[What the exercise asks] Transcribe each entry so that it matches the original exactly.

[Exercise materials]
-- ===== src/WebSdk.antt =====
-- sdks/kavach-web/src/: the SDK for browsers, by its files.
pub mod Storage
pub mod Platform
pub mod Pkce
pub mod Dpop
pub mod Shield
pub mod Client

[Worked solution]
-- ===== src/WebSdk.antt =====
-- sdks/kavach-web/src/: the SDK for browsers, by its files.
pub mod Storage
pub mod Platform
pub mod Pkce
pub mod Dpop
pub mod Shield
pub mod Client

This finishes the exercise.